■ Work instruction: For the entries below, state how many lines contain the string "SessionImpl". Add nothing else.

Collected data
== Segment start ==
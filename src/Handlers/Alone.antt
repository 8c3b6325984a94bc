-- ===== src/Handlers/Alone.antt =====
-- The state machine, where nothing runs between its steps, against `put`.
use data_relay_grpc.Base.{
  ℕ, suc, ◌+◌, ◌*◌, ◌≤◌, ◌≡◌, refl, sym, ap, ◌∙◌, inl, inr, List, [], ◌∷◌, none, some, length,
  arith, Bool-cases, Option-cases,
}
use data_relay_grpc.OrderedMap.{find, emplace}
use data_relay_grpc.OrderedMap.Lookup.{find-assign}
use data_relay_grpc.Text.{text}
use data_relay_grpc.FileSystem.{FilePath, FileSystem, exists, is_some, open_output}
use data_relay_grpc.TagGenerator.{OpenSsl}
use data_relay_grpc.Session.{SessionImpl, create_blob_file}
use data_relay_grpc.Manager.{Server, with_session}
use data_relay_grpc.Manager.Lookup.{get_session_impl_cases}
use data_relay_grpc.Outcome.{after}
use data_relay_grpc.Relay.{
  PutMetadata, PutStreamingRequest, metadata, chunk, not_set, check_api_version,
}
use data_relay_grpc.Upload.{upload, try_put, caught, put}
use data_relay_grpc.Upload.Storage.{
  next_id, upload_path, created, opened, created_call, open_output_lem,
}
use data_relay_grpc.Upload.Soundness.{upload-open_output}
use data_relay_grpc.Handlers.{
  Phase, starting, creating, opening, reading, next_phase, opened_phase, accept, open_step, step,
  run,
}
use data_relay_grpc.Handlers.Loop.{final, IsUsing, receive_alone}

opened-IsUsing :
    (m : PutMetadata) (own : SessionImpl) (s : Server) (fs : FileSystem)
    → find m.session_id s.blob_sessions ≡ some own
    → open_output s.file_system (upload_path s) ≡ some fs
    → IsUsing m own (upload_path s) (opened m.session_id own fs s)
unfolding exists
opened-IsUsing m own s fs there opens =
    let new : SessionImpl = record own {
      blobs = emplace (next_id s) (record { path = upload_path s; size = 0 }) own.blobs;
    } in
    record {
      impl = new;
      there = ground (arith, there, find-assign m.session_id m.session_id new s.blob_sessions);
      same = refl;
      file = ap is_some (open_output_lem s.file_system fs (upload_path s) opens).0;
    }

run-step :
    (o : OpenSsl) (n : ℕ) (p : Phase) (s : Server) {q : Phase} {t : Server}
    → step o p s ≡ (q, t)
    → run o (suc n) p s ≡ run o n q t
unfolding run
run-step o n p s e = ap (λ (r : Phase × Server). run o n r.0 r.1) e

open_step-open_output :
    (m : PutMetadata) (rs : List PutStreamingRequest) (bid : ℕ) (path : FilePath) (s : Server)
    (fs : FileSystem)
    → open_output s.file_system path ≡ some fs
    → open_step m rs bid path s
      ≡ (reading m rs bid path 0, (let t : Server = record s { file_system = fs } in t))
unfolding open_step
open_step-open_output m rs bid path s fs opens = rw (opens, open_step) refl

open_shut :
    (o : OpenSsl) (m : PutMetadata) (rs : List PutStreamingRequest) (bid : ℕ) (path : FilePath)
    (s : Server) (own : SessionImpl)
    → open_output s.file_system path ≡ none
    → run o 1 (opening m rs bid path) s ≡ final (caught (upload o m own rs (bid, path) s))
unfolding run step open_step upload
open_shut o m rs bid path s own shut = rw (shut, open_step, upload) refl

-- from the call of `create_blob_file` on
created_alone :
    (o : OpenSsl) (m : PutMetadata) (own : SessionImpl) (rs : List PutStreamingRequest) (s : Server)
    → find m.session_id s.blob_sessions ≡ some own
    → (n : ℕ) × (n ≤ 2 * length rs + 4)
      × (run o n (creating m rs) s
          ≡ final (
              caught (
                after
                  (with_session m.session_id (create_blob_file (text "upload")) s)
                  (upload o m own rs))))
unfolding step
created_alone o m own rs s there =
    let call = created_call m.session_id own s there in
    elim (Option-cases (open_output s.file_system (upload_path s))) [
      | inl shut ↦ (
        2,
        omega arith,
        run-step o 1 (creating m rs) s (ap (next_phase (opened_phase m rs)) call)
            ∙ open_shut o m rs (next_id s) (upload_path s) (created m.session_id own s) own shut
            ∙ sym (ap (λ r. final (caught (after r (upload o m own rs)))) call),
      )
      | inr (fs, opens) ↦
          let (n, le, r) =
            receive_alone o m own rs (next_id s) (upload_path s) 0 (opened m.session_id own fs s)
              (opened-IsUsing m own s fs there opens) in
          (
            suc (suc n),
            omega arith,
            run-step o (suc n) (creating m rs) s (ap (next_phase (opened_phase m rs)) call)
                ∙ run-step o n _ _ (
                    open_step-open_output m rs (next_id s) (upload_path s)
                      (created m.session_id own s) fs opens)
                ∙ r
                ∙ sym (ap (λ x. final (caught x)) (upload-open_output o m own rs s fs opens))
                ∙ sym (ap (λ x. final (caught (after x (upload o m own rs)))) call),
          )
    ]

try_alone :
    (o : OpenSsl) (m : PutMetadata) (rs : List PutStreamingRequest) (s : Server)
    → (n : ℕ) × (n ≤ 2 * length rs + 5)
      × (run o n (starting m rs) s ≡ final (caught (try_put o m rs s)))
unfolding run step try_put
try_alone o m rs s = elim (get_session_impl_cases m.session_id s.manager) [
  | inl (own, there, found) ↦
      let (n, le, r) = created_alone o m own rs s there in
      (suc n, omega arith, rw (found, run, step, try_put) r)
  | inr missing ↦ (1, omega arith, rw (missing, run, step, try_put) refl)
]

-- Where no other call runs between its steps, the state machine of an upload comes, after at most
-- two steps for a request and five more, to where `put` ends: with the same answer, the same
-- exception or the same use of a session that is gone, and with the server that `put` leaves.
pub run-put :
    (o : OpenSsl) (rs : List PutStreamingRequest) (s : Server)
    → (n : ℕ) × (n ≤ 2 * length rs + 5) × (run o n (accept rs) s ≡ final (put o rs s))
unfolding run accept put
run-put o [] s = (0, omega arith, refl)
run-put o (chunk bytes ∷ rs) s = (0, omega arith, refl)
run-put o (not_set ∷ rs) s = (0, omega arith, refl)
run-put o (metadata m ∷ rs) s = elim (Bool-cases (check_api_version m.api_version)) [
  | inl old ↦ let (n, le, r) = try_alone o m rs s in (n, omega arith, rw old r)
  | inr new ↦ (0, omega arith, rw new refl)
]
== Segment end ==
■ Reply to the exercise: 5